Context Glucocorticoids used in pharmacological doses for the treatment of a variety of medical conditions, and endogenous glucocorticoid excess – Cushing’s syndrome, may result in several adverse effects, but currently there is no clinically useful biomarker of glucocorticoid activity. Objective To identify glucocorticoid-responsive proteins potentially measurable in human serum. Setting and Design A three-phase protein biomarker discovery strategy was used. Proteomic biomarker discovery and qualification was conducted on the secretome of ex vivo-stimulated peripheral blood mononuclear cells (PBMC) isolated from 6 volunteers, incubated ± dexamethasone 100 ng/mL for 4h and 24h. Untargeted proteomics with label-free quantification (LFQ) was conducted to discover candidate proteins which were quantified using targeted proteomics by a custom multiple reaction monitoring mass spectrometry (MRM-MS) assay. Five proteins were selected for serum measurement by immunoassay in 20 healthy volunteers, with blood drawn at baseline and 12h after 4 mg oral dexamethasone.

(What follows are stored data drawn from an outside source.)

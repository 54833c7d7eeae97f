-- ===== src/Cjson.antt =====
-- cJSON, the library in which the program keeps its documents: what src/config.c, src/queue.c and
-- src/download_state.c call of it, and the documented behaviour that theorems rely on.
use avar.Base.{Bool, List, Option, false, none, some, true, ℕ, ◌^◌, ◌≡◌, ◌≤◌}
use avar.CString.{Text, str_eq}

pub record Cjson : Type 1 where
  pub Json : Type 0
  -- A printed document. The program passes it from `cJSON_PrintUnformatted` to `cJSON_Parse`.
  pub JsonText : Type 0
  pub print : Json → JsonText
  pub parse : JsonText → Option Json
  pub new_null : Json
  pub new_bool : Bool → Json
  pub new_number : ℕ → Json
  pub new_string : Text → Json
  pub new_object : Json
  pub is_object : Json → Bool
  -- `cJSON_IsString(item)` with `item->valuestring`.
  pub string_value : Json → Option Text
  -- `cJSON_IsNumber(item)` with `item->valuedouble` printed by "%.0f".
  pub number_text : Json → Option Text
  -- `cJSON_IsNumber(item)` with `(uint64_t)item->valuedouble`.
  pub number_value : Json → Option ℕ
  pub bool_value : Json → Option Bool
  -- The items of an array, and the array that has them: `cJSON_GetArrayItem` reads, and
  -- `cJSON_AddItemToArray`, `cJSON_ReplaceItemInArray` and `cJSON_DeleteItemFromArray` change them.
  pub array_items : Json → Option (List Json)
  pub new_array : List Json → Json
  -- `cJSON_GetArraySize(object) == 0`
  pub has_no_members : Json → Bool
  -- `cJSON_GetObjectItemCaseSensitive`
  pub get_item : Json → Text → Option Json
  -- Another value for the member in its place, as by `cJSON_ReplaceItemInObjectCaseSensitive` or by a
  -- change inside of it; nothing where there is no such member.
  pub put_item : Json → Text → Json → Json
  -- A member behind the others: `cJSON_AddItemToObject` and its relatives.
  pub add_item : Json → Text → Json → Json
  -- `cJSON_DeleteItemFromObjectCaseSensitive`
  pub delete_item : Json → Text → Json

module _ (cj : Cjson) where
  open cj use {
    Json, print, parse, new_null, new_string, new_bool, new_number, new_object, is_object,
    string_value, number_value, bool_value, array_items, new_array, get_item, put_item, add_item,
  }

  pub record IsLawful : Type 0 where
    pub parse-print : (v : Json) → parse (print v) ≡ some v
    pub string-new : (t : Text) → string_value (new_string t) ≡ some t
    pub string-null : string_value new_null ≡ none
    -- A `double` has every whole number up to 2 ^ 53.
    pub number-new : (n : ℕ) → n ≤ 2 ^ 53 → number_value (new_number n) ≡ some n
    pub bool-new : (b : Bool) → bool_value (new_bool b) ≡ some b
    pub items-new : (xs : List Json) → array_items (new_array xs) ≡ some xs
    pub is_object-new : is_object new_object ≡ true
    pub is_object-put : (o : Json) (k : Text) (v : Json) → is_object (put_item o k v) ≡ is_object o
    pub is_object-add : (o : Json) (k : Text) (v : Json) → is_object (add_item o k v) ≡ is_object o
    pub get-new : (k : Text) → get_item new_object k ≡ none
    pub get-put :
        (o : Json) (k : Text) (v w : Json)
        → get_item o k ≡ some w
        → get_item (put_item o k v) k ≡ some v
    pub get-put_other :
        (o : Json) (k j : Text) (v : Json)
        → str_eq k j ≡ false
        → get_item (put_item o k v) j ≡ get_item o j
    pub get-add :
        (o : Json) (k : Text) (v : Json)
        → is_object o ≡ true
        → get_item o k ≡ none
        → get_item (add_item o k v) k ≡ some v
    pub get-add_other :
        (o : Json) (k j : Text) (v : Json)
        → str_eq k j ≡ false
        → get_item (add_item o k v) j ≡ get_item o j
    -- Nothing changes where a member gets the value that it has.
    pub put-get : (o : Json) (k : Text) (v : Json) → get_item o k ≡ some v → put_item o k v ≡ o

A scheduled multiple reaction monitoring (MRM) method measuring 179 peptides from 44 proteins (43 biomarker candidates plus internal standards, chicken ovalbumin and iRT peptides) was developed and used to qualify candidate biomarkers in the secretome samples. Samples were analysed on a standard-flow Nexera X2 UHPLC coupled to a LCMS-8050 triple quadrupole mass spectrometer (Shimadzu). Internal standard protein (225 ng of chicken ovalbumin) was spiked into each secretome sample, and then trypsin co-precipitation method was used for sample processing.Ovalbumin and iRT peptides were checked for inconsistencies in sample preparation and LC/MS analysis. A retention time predictor was generated based on iRT peptide results to increase confidence of peptide identification. Peak picking was manually inspected and adjusted accordingly by comparing retention time and normalised peak area information across runs. The relative ratio of each transition normalised to the total peak area acts as a ‘fingerprint’ for a compound and was therefore a crucial indicator of a positive identification.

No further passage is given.